▸ **ASSIGNMENT**
With the line containing "i t ≡ some j" as the first line and the last line of the records as the final one, reproduce that range exactly.

▸ **DATA PROVIDED**
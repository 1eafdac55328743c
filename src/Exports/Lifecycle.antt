-- ===== src/Exports/Lifecycle.antt =====
-- The life of an export job's row: what holds of every row, and what an ended job keeps.
use spectraplex.Base.{
  ℕ, ◌≤◌, String, Bool, true, false, ◌&&◌, ◌≡◌, refl, sym, subst, ◌∙◌, Option, some, List, [], ◌∷◌,
  arith, inl, inr, is_some, Bool-cases, Option-cases, ==_refl, str_eq, str_eq_iff, any, count,
  find?, find?-append, find?-update_keep, find?_sound, find?_unique, update, All, All-update,
  All-append, In, In-unique, count-append, count-update_eq, count_of_any,
}
use spectraplex.Dataset.{DatasetName}
use spectraplex.Exports.{
  ExportJob, ExportJobStatus, ExportFormat, ExportUpdate, Table, has_id, claimable, candidates,
  oldest, held_by, in_progress, is_terminal, taken, updated, beaten, new_job, completion,
  claim_export_job, update_export_job_status, check_status, heartbeat_export_job,
  enqueue_export_job, get_export_job, Statement, enqueue, claim, set_status, heartbeat, exec, run,
}
use spectraplex.Exports.Claims.{candidates-In}

-- A row has a completion time exactly when its job has ended, and a job in progress has a worker, a
-- start time and a heartbeat.
pub record IsStamped (j : ExportJob) : Type 0 where
  pub completion : is_some j.completed_at ≡ is_terminal j.status
  pub leased :
      in_progress j.status ≡ true
      → (is_some j.worker_id && is_some j.started_at && is_some j.heartbeat_at) ≡ true

pub record IsConsistent (t : Table) : Type 0 where
  pub ids : (i : ℕ) → count (has_id i) t ≤ 1
  pub rows : All IsStamped t

update-IsConsistent :
    (p : ExportJob → Bool) (f : ExportJob → ExportJob) (t : Table)
    → ((x : ExportJob) → (f x).id ≡ x.id)
    → ((x : ExportJob) → In x t → p x ≡ true → IsStamped x → IsStamped (f x))
    → IsConsistent t
    → IsConsistent (update p f t)
update-IsConsistent p f t hi hf c = record {
  ids =
      λ i. let e = count-update_eq (has_id i) p f (λ x _. cc (hi x)) t in omega (arith, e, c.ids i);
  rows = All-update IsStamped p f t hf c.rows;
}

enqueue-IsConsistent :
    (id now : ℕ) (dataset : DatasetName) (format : ExportFormat) (filters config : Option String)
    (owner : Option ℕ) (t : Table)
    → IsConsistent t
    → IsConsistent (enqueue_export_job id now dataset format filters config owner t).1
unfolding enqueue_export_job
enqueue-IsConsistent id now dataset format filters config owner t c =
    let fresh = new_job id now dataset format filters config owner in
    elim (Bool-cases (any (has_id id) t)) [
      | inl e ↦ rw e c
      | inr e ↦ rw e (record {
        ids = λ i.
            let s = count-append (has_id i) t (fresh ∷ []) in
            ground (arith, s, c.ids i, count_of_any (has_id id) t e);
        rows = All-append IsStamped t _ c.rows (record { completion = refl; leased = λ h. cc }, tt);
      })
    ]

-- The claimed row was claimable, so it had not ended.
taken-IsStamped :
    (worker : String) (now : ℕ) (x : ExportJob)
    → claimable now x ≡ true
    → IsStamped x
    → IsStamped (taken worker now x)
unfolding claimable
taken-IsStamped worker now x h s = record {
  completion = ground (arith, s.completion);
  leased = λ e. ground arith;
}

claim-IsConsistent :
    (locked : ℕ → Bool) (now : ℕ) (worker : String) (t : Table)
    → IsConsistent t
    → IsConsistent (claim_export_job locked now worker t).1
unfolding claim_export_job
claim-IsConsistent locked now worker t c = elim (Option-cases (oldest (candidates locked now t))) [
  | inl e ↦ rw (e, claim_export_job) c
  | inr (k, e) ↦
      let (mk, _, free) = candidates-In locked now t e in
      rw (e, claim_export_job)
        (update-IsConsistent (has_id k.id) (taken worker now) t (λ x. refl)
          (λ x m h s.
            let same = In-unique (has_id k.id) (c.ids k.id) mk (==_refl k.id) m h in
            taken-IsStamped worker now x (subst (λ y. claimable now y ≡ true) same free) s)
          c)
]

-- A text is no other text.
texts_differ : (s a b : String) → str_eq a b ≡ false → str_eq s a ≡ true → str_eq s b ≡ false
texts_differ s a b n h = subst (λ x. str_eq x b ≡ false) (sym ((str_eq_iff s a).0 h)) n

-- The completion time that an update writes agrees with the status that it writes.
completion-check :
    (status : String) (clock : ℕ) (s : ExportJobStatus)
    → check_status status ≡ some s
    → is_some (completion status clock) ≡ is_terminal s
unfolding check_status
completion-check status clock s h = ground (
  arith,
  texts_differ status "pending" "completed" refl,
  texts_differ status "pending" "failed" refl,
  texts_differ status "running" "completed" refl,
  texts_differ status "running" "failed" refl,
  texts_differ status "delivering" "completed" refl,
  texts_differ status "delivering" "failed" refl,
)

updated-IsStamped :
    (i : ℕ) (worker : String) (u : ExportUpdate) (clock now : ℕ) (s : ExportJobStatus)
    (x : ExportJob)
    → check_status u.status ≡ some s
    → held_by i worker x ≡ true
    → IsStamped x
    → IsStamped (updated s u clock now x)
updated-IsStamped i worker u clock now s x h held st = record {
  completion = ground (arith, completion-check u.status clock s h, st.completion);
  leased = λ e. ground (arith, st.leased);
}

status-IsConsistent :
    (i : ℕ) (u : ExportUpdate) (worker : String) (clock now : ℕ) (t : Table)
    → IsConsistent t
    → IsConsistent (update_export_job_status i u worker clock now t).1
unfolding update_export_job_status
status-IsConsistent i u worker clock now t c = elim (Option-cases (check_status u.status)) [
  | inl e ↦ elim (Bool-cases (any (held_by i worker) t)) [
    | inl g ↦ rw (e, update_export_job_status) (rw g c)
    | inr g ↦ rw (e, update_export_job_status) (rw g c)
  ]
  | inr (s, e) ↦
      rw (e, update_export_job_status)
        (update-IsConsistent (held_by i worker) (updated s u clock now) t (λ x. refl)
          (λ x m h st. updated-IsStamped i worker u clock now s x e h st) c)
]

exec-IsConsistent : (s : Statement) (t : Table) → IsConsistent t → IsConsistent (exec s t)
unfolding exec heartbeat_export_job
exec-IsConsistent (enqueue id now dataset format filters config owner) t c =
    enqueue-IsConsistent id now dataset format filters config owner t c
exec-IsConsistent (claim locked now worker) t c = claim-IsConsistent locked now worker t c
exec-IsConsistent (set_status i u worker clock now) t c =
    status-IsConsistent i u worker clock now t c
exec-IsConsistent (heartbeat i worker now) t c =
    update-IsConsistent (held_by i worker) (beaten now) t (λ x. refl)
      (λ x m h s. record { completion = s.completion; leased = λ e. ground (arith, s.leased) }) c

-- Every sequence of statements keeps ids unique and keeps this of every row: it has a completion
-- time exactly when its job is completed or failed, and a running or delivering job has a worker, a
-- start time and a heartbeat.
pub exports-IsConsistent :
    (ss : List Statement) (t : Table) → IsConsistent t → IsConsistent (run ss t)
unfolding run
exports-IsConsistent [] t c = c
exports-IsConsistent (s ∷ ss) t c = exports-IsConsistent ss (exec s t) (exec-IsConsistent s t c)

module _ (i : ℕ) (j : ExportJob) (ended : is_terminal j.status ≡ true) where
  enqueue-keeps :
      (id now : ℕ) (dataset : DatasetName) (format : ExportFormat) (filters config : Option String)
      (owner : Option ℕ) (t : Table)
      → find? (has_id i) t ≡ some j
      → find? (has_id i) (enqueue_export_job id now dataset format filters config owner t).1
        ≡ some j
  unfolding enqueue_export_job
  enqueue-keeps id now dataset format filters config owner t h =
      elim (Bool-cases (any (has_id id) t)) [
        | inl e ↦ rw e h
        | inr e ↦ rw e (
            find?-append (has_id i) t (new_job id now dataset format filters config owner ∷ [])
            ∙ rw h)
      ]

  -- The claimed row is another one: the ended job is not claimable, and ids are unique.
  claim-keeps :
      (locked : ℕ → Bool) (now : ℕ) (worker : String) (t : Table)
      → IsConsistent t
      → find? (has_id i) t ≡ some j
      → find? (has_id i) (claim_export_job locked now worker t).1 ≡ some j
  unfolding claim_export_job claimable
  claim-keeps locked now worker t c h = elim (Option-cases (oldest (candidates locked now t))) [
    | inl e ↦ rw (e, claim_export_job) h
    | inr (k, e) ↦
        let (mk, _, free) = candidates-In locked now t e in
        let at_i = find?_sound (has_id i) t h in
        let other : has_id k.id j ≡ false = elim (Bool-cases (has_id k.id j)) [
          | inl g ↦
              let found : find? (has_id i) t ≡ some k =
                find?_unique (has_id i) mk (ground (arith, at_i, g)) (c.ids i) in
              absurd (ground (arith, found, h, free, ended))
          | inr g ↦ g
        ] in
        rw (e, claim_export_job)
          (find?-update_keep (has_id i) (has_id k.id) (taken worker now) (λ x. refl) t h other)
  ]

  status-keeps :
      (k : ℕ) (u : ExportUpdate) (worker : String) (clock now : ℕ) (t : Table)
      → find? (has_id i) t ≡ some j
      → find? (has_id i) (update_export_job_status k u worker clock now t).1 ≡ some j
  unfolding update_export_job_status
  status-keeps k u worker clock now t h = elim (Option-cases (check_status u.status)) [
    | inl e ↦ elim (Bool-cases (any (held_by k worker) t)) [
      | inl g ↦ rw (e, update_export_job_status) (rw g h)
      | inr g ↦ rw (e, update_export_job_status) (rw g h)
    ]
    | inr (s, e) ↦
        rw (e, update_export_job_status)
          (find?-update_keep (has_id i) (held_by k worker) (updated s u clock now) (λ x. refl) t h
            (ground arith))
  ]

  exec-keeps :
      (s : Statement) (t : Table)
      → IsConsistent t
      → find? (has_id i) t ≡ some j
      → find? (has_id i) (exec s t) ≡ some j
  unfolding exec heartbeat_export_job
  exec-keeps (enqueue id now dataset format filters config owner) t c h =
      enqueue-keeps id now dataset format filters config owner t h
  exec-keeps (claim locked now worker) t c h = claim-keeps locked now worker t c h
  exec-keeps (set_status k u worker clock now) t c h = status-keeps k u worker clock now t h
  exec-keeps (heartbeat k worker now) t c h =
      find?-update_keep (has_id i) (held_by k worker) (beaten now) (λ x. refl) t h (ground arith)

  run-keeps :
      (ss : List Statement) (t : Table)
      → IsConsistent t
      → find? (has_id i) t ≡ some j
      → find? (has_id i) (run ss t) ≡ some j
  unfolding run
  run-keeps [] t c h = h
  run-keeps (s ∷ ss) t c h = run-keeps ss (exec s t) (exec-IsConsistent s t c) (exec-keeps s t c h)

-- In a consistent table, the row of a job that is completed or failed is never changed again, by
-- any sequence of statements.
pub ended_export_frozen :
    (i : ℕ) (j : ExportJob) (ss : List Statement) (t : Table)
    → IsConsistent t
    → get_export_job i t ≡ some j
    → is_terminal j.status ≡ true
    → get_export_job i (run ss t) ≡ some j
unfolding get_export_job
ended_export_frozen i j ss t c h e = run-keeps i j e ss t c h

▸ **SOLUTION TO THIS TASK**
    → get_export_job i t ≡ some j
    → is_terminal j.status ≡ true
    → get_export_job i (run ss t) ≡ some j
unfolding get_export_job
ended_export_frozen i j ss t c h e = run-keeps i j e ss t c h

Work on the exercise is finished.